[[ Material for this task, beginning ]]
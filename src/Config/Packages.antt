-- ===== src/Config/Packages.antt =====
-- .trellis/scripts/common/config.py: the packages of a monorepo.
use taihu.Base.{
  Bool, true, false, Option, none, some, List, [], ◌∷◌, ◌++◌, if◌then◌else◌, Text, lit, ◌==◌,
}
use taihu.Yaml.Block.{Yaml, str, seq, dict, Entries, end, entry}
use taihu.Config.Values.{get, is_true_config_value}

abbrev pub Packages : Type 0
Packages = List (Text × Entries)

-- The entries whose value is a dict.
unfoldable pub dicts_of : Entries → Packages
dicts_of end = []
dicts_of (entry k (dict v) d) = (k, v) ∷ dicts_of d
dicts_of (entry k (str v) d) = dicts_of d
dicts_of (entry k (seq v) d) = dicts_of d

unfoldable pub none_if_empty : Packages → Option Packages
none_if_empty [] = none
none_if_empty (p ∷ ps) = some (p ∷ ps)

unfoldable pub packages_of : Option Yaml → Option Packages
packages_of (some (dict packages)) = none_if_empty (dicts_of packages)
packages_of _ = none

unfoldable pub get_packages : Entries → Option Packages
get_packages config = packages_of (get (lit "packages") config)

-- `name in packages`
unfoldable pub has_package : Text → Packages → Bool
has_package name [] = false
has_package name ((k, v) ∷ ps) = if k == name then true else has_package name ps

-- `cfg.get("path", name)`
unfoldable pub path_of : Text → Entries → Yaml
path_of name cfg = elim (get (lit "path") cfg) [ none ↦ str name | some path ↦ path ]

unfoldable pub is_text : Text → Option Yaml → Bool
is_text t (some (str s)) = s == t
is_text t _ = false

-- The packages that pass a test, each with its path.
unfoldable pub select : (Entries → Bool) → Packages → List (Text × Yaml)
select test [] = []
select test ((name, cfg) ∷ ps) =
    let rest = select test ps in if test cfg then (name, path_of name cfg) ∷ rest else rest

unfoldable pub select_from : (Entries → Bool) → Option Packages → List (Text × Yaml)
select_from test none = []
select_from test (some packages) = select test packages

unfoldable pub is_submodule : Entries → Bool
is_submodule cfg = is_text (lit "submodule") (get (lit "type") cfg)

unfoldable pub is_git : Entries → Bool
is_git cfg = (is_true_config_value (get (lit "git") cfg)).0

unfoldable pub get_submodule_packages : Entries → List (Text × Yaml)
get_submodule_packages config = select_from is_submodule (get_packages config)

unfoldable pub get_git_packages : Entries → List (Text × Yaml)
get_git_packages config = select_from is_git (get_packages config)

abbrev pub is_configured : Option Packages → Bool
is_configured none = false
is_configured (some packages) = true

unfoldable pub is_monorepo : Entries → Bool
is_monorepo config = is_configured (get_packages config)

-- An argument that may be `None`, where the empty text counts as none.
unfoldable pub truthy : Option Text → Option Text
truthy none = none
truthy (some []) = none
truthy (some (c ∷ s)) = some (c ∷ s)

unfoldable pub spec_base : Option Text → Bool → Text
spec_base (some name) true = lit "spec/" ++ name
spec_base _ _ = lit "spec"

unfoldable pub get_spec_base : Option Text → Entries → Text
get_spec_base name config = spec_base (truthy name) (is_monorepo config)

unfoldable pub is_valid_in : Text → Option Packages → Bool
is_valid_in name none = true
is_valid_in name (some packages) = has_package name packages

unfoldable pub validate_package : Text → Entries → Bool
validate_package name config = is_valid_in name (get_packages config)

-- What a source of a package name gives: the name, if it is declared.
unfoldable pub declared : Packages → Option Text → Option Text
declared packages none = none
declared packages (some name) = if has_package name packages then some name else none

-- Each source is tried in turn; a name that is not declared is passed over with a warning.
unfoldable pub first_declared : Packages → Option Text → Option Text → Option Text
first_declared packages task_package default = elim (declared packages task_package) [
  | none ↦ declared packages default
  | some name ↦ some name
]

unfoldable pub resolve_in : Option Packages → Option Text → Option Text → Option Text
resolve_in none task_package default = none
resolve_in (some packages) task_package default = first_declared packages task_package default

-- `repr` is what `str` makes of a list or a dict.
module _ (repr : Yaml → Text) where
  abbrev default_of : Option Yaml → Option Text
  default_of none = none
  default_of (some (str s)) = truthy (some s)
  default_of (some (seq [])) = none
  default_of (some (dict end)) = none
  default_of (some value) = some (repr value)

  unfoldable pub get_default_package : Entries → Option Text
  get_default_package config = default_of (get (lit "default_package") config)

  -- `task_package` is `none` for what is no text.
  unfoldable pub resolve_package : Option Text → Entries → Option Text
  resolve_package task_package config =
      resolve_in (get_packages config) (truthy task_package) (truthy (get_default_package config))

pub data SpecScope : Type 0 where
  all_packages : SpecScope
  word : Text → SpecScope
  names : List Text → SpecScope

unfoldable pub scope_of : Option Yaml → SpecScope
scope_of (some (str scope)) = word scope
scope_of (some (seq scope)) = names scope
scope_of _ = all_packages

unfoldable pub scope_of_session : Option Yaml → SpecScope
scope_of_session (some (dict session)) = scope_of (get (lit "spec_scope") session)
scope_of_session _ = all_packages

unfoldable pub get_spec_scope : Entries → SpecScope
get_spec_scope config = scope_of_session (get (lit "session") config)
[[ Material for this task, end ]]
Send back exactly the lines of the listing above starting at the one with "validate_package name config" and ending at the one with "first_declared packages task_package default = elim", inclusive, and no others.

» **Task solution**
validate_package name config = is_valid_in name (get_packages config)

-- What a source of a package name gives: the name, if it is declared.
unfoldable pub declared : Packages → Option Text → Option Text
declared packages none = none
declared packages (some name) = if has_package name packages then some name else none

-- Each source is tried in turn; a name that is not declared is passed over with a warning.
unfoldable pub first_declared : Packages → Option Text → Option Text → Option Text
first_declared packages task_package default = elim (declared packages task_package) [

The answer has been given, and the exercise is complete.